Questo è il comunismo. Dalla comunanza dei beni materiali cioè degli strumenti di produzione e della produzione stessa si svilupperà l’armonia degli interessi dell’individuo con quelli della collettività, secondo il principio tutti per ciascuno e ciascuno per tutti, in contrapposto alla egoistica morale borghese del ciascuno per sé. Dalla associazione dei beni e delle forze di tutti deriverà l’associazione dei cuori e si svilupperà spontaneamente un alto e diffuso senso di solidarietà e di fratellanza sconosciuto affatto alla società borghese dilaniata dalla più feroce antropofagia legale e da un’implacabile guerra civile, che avvelena e strazia questa sedicente e moribonda civiltà fin de siècle.
In questa pura atmosfera, in luogo della famiglia chiusa, egoistica dell’oggi, crescerà serena e felice, la grande famiglia eguali e dei liberi, la famiglia di cui sarà membro ugualmente amato ogni uomo, ogni cittadino del mondo; e le nuove generazioni cresceranno rigogliose ed affratellate, non come oggi frutto tisicuccio e malsano di freddi amplessi, di calcolati ed interessati contratti matrimoniali; non più come oggi prodotto anemico ed epilettico di tristi amori e di prostituzioni più o meno legali. Scomparso con la proprietà individuale ogni istinto di basso interesse personale l’accoppiamento di un uomo e di una donna non sarà più un affare nel senso moderno e mercantile della parola. L’unione libera sulle solide basi dell’amore e della simpatia: ecco l’unico logico vincolo sessuale, ecco la famiglia dell’avvenire, senza la menzogna convenzionale del giuramento civile in faccia al sindaco, o di quello religioso in faccia al prete…
E il prete? Cominciate a combattere il prete, strillano gli anticlericali, ed avrete emancipato l’umanità…
Oh, il prete, gli anarchici rispondono, scomparirà con l’ignoranza e con l’abbrutimento dei più; e col prete scompariranno tutte le menzogne religiose fugate dal raggio vivificatore della scienza.
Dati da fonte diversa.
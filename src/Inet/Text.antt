-- ===== src/Inet/Text.antt =====
-- `inet_aton` and `inet_addr` of src/inet/i_addr.c and `inet_ntoa` of src/inet/i_ntoa.c. A text is the
-- list of its characters before the terminating 0; `u_long` has 32 bits.
use libsocket.Base.{
  is_space, ℕ, zero, suc, ◌+◌, ◌-◌, ◌*◌, ◌/◌, ◌%◌, ◌^◌, ◌==◌, leb, ltb, Bool, true, ◌&&◌, ◌||◌,
  if◌then◌else◌, Option, none, some, List, [], ◌∷◌, ◌++◌,
}
use libsocket.Inet.Order.{htonl}

abbrev pub is_digit : ℕ → Bool
is_digit c = leb b'0' c && leb c b'9'

abbrev pub is_lower : ℕ → Bool
is_lower c = leb b'a' c && leb c b'z'

abbrev pub is_xdigit : ℕ → Bool
is_xdigit c = is_digit c || ((leb b'a' c && leb c b'f') || (leb b'A' c && leb c b'F'))

-- The loop over digits, with what follows them. The digits 8 and 9 count in every base.
unfoldable pub scan_digits : ℕ → ℕ → List ℕ → ℕ × List ℕ
scan_digits base val [] = (val, [])
scan_digits base val (c ∷ cs) =
    if is_digit c
    then scan_digits base ((val * base + (c - b'0')) % 2 ^ 32) cs
    else if base == 16 && is_xdigit c
    then scan_digits base ((val * 16 + (c + 10 - (if is_lower c then b'a' else b'A'))) % 2 ^ 32) cs
    else (val, c ∷ cs)

-- What follows a leading 0: hexadecimal behind an x, else octal.
unfoldable pub scan_prefixed : List ℕ → ℕ × List ℕ
unfolding scan_digits
scan_prefixed [] = (0, [])
scan_prefixed (c ∷ cs) =
    if c == b'x' || c == b'X' then scan_digits 16 0 cs else scan_digits 8 0 (c ∷ cs)

unfoldable pub scan_number : List ℕ → ℕ × List ℕ
unfolding scan_digits scan_prefixed
scan_number [] = (0, [])
scan_number (c ∷ cs) = if c == b'0' then scan_prefixed cs else scan_digits 10 0 (c ∷ cs)

-- What follows a dot.
unfoldable pub starts_dot : List ℕ → Option (List ℕ)
starts_dot [] = none
starts_dot (c ∷ cs) = if c == b'.' then some cs else none

-- The numbers before a dot, the last number and what follows it, or `none` where the function
-- returns 0. The numeral says how many parts may still be stored.
unfoldable pub scan_parts : ℕ → List ℕ → List ℕ → Option (List ℕ × ℕ × List ℕ)
unfolding scan_number starts_dot
scan_parts zero parts text = elim (starts_dot (scan_number text).1) [
  | some rest ↦ none
  | none ↦ some (parts, (scan_number text).0, (scan_number text).1)
]
scan_parts (suc room) parts text = elim (starts_dot (scan_number text).1) [
  | some rest ↦
      let more = scan_parts room (parts ++ ((scan_number text).0 ∷ [])) rest in
      if ltb 0xff (scan_number text).0 then none else more
  | none ↦ some (parts, (scan_number text).0, (scan_number text).1)
]

unfoldable pub concoct : List ℕ → ℕ → Option ℕ
concoct [] val = some val
concoct (a ∷ []) val = if ltb 0xffffff val then none else some (a * 2 ^ 24 + val)
concoct (a ∷ (b ∷ [])) val = if ltb 0xffff val then none else some (a * 2 ^ 24 + b * 2 ^ 16 + val)
concoct (a ∷ (b ∷ (c ∷ parts))) val =
    if ltb 0xff val then none else some (a * 2 ^ 24 + b * 2 ^ 16 + c * 2 ^ 8 + val)

-- The check for trailing characters.
unfoldable pub ends_text : List ℕ → Bool
ends_text [] = true
ends_text (c ∷ cs) = is_space c

-- The address in network order, or `none` for the result 0.
unfoldable pub inet_aton : List ℕ → Option ℕ
unfolding scan_parts ends_text concoct
inet_aton text = elim (scan_parts 3 [] text) [
  | none ↦ none
  | some (parts, val, rest) ↦
      if ends_text rest
      then elim (concoct parts val) [ none ↦ none | some a ↦ some (htonl a) ]
      else none
]

-- INADDR_NONE is the address of 32 ones.
unfoldable pub inet_addr : List ℕ → ℕ
unfolding inet_aton
inet_addr text = elim (inet_aton text) [ none ↦ 0xffffffff | some a ↦ a ]

-- `sprintf` of a byte with %d.
unfoldable pub decimal : ℕ → List ℕ
decimal n =
    if ltb n 10
    then (b'0' + n) ∷ []
    else if ltb n 100
    then (b'0' + n / 10) ∷ ((b'0' + n % 10) ∷ [])
    else (b'0' + n / 100) ∷ ((b'0' + n / 10 % 10) ∷ ((b'0' + n % 10) ∷ []))

-- The bytes of the address as it lies in memory, the low one first.
unfoldable pub inet_ntoa : ℕ → List ℕ
inet_ntoa a =
    decimal (a % 256)
    ++ (b'.'
        ∷ (decimal (a / 256 % 256)
            ++ (b'.' ∷ (decimal (a / 65536 % 256) ++ (b'.' ∷ decimal (a / 16777216 % 256))))))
Intanto il prete lo combattiamo anche noi, molto meglio degli eterni sbandieratori di professione nei cortei commemorativi e funebri, e lo combattiamo additandolo sopratutto a voi, lavoratori, come l’eterno alleato dei vostri oppressori e sfruttatori, e cercando sfatare al lume della ragione innanzi tutto l’impostura del soprannaturale.
Ma, prima d’ogni altra cosa, rivendichiamo per tutti il nutrimento allo stomaco – giacché la grande questione vitale è pur troppo una prosaica questione di ventre, o politicanti... a ventre pieno, e poi nutrimento al cervello ed al cuore (se è permessa la metafora), largo nutrimento di scienza e di affetti – istruzione ed educazione; rivendicazioni codeste delle più alte facoltà dell’essere umano.
Ma sopra tutto, innanzi tutto, libertà! Non libertà mutilata, resa irriconoscibile da quella carta stampata, che porta il nome di legge; non libertà amministrata dagli scherani di qualunque codice più o meno plebiscitario, sieno essi democratici, repubblicani o socialisti, – ma libertà esercitata integralmente da ogni individuo, fusione di tutte le attività, e di tutte le iniziative liberamente e per tendenze naturali associate, per il benessere di tutti.
Tu dirai, o popolo, che noi possiamo ingannarci, quando affermiamo che l’avvenire è la gran pace, la vera uguaglianza, la infinita fratellanza fra tutti gli uomini della terra.
Potremmo forse ingannarci; non ingannarti. Quale lo scopo sarebbe? quale l’interesse? Tu lo vedi a qual sorte riserba noi anarchici l’ardita parola di guerra che gettammo in faccia alla camorra mondiale dei padroni e dei governi coalizzati ai tuoi danni.
Non c’è grazia, non c’è quartiere per noi. E noi grazia, né quartiere mai domandammo. Di contro alle forche repubblicane su cui nel 1887 il democratico governo degli Stati Uniti impiccava quattro eroici nostri, che commisero l’orrendo delitto di dire ad alta voce la verità in faccia ai dissanguatori delle plebi operose, sorsero nella Spagna monarchica e cattolica gli strumenti crudeli della garrota, e lì presso, nella Francia repubblicanissima, si sono fatte apposite leggi per colpire i nemici implacabili dell’ingiustizie e della bancocrazia. L’un governo equivale l’altro; tutti i governi sono contro di noi – e noi contro tutti i governi, contro tutte le oppressioni contro tutte le tirannidi. Noi soli siamo votati a tutti i sacrifici per rivendicare agli uomini la uguaglianza vera nel comunismo, con la soppressione d’ogni sfruttamento dell’uomo sul l’uomo, con l’abolizione della proprietà individuale; noi soli vogliamo l’emancipazione completa della personalità umana, dal giogo opprimente d’ogni autorità politica, civile, militare e religiosa – noi soli vagheggiamo per il genere umano la libertà integrale, la libertà delle libertà: l’Anarchia.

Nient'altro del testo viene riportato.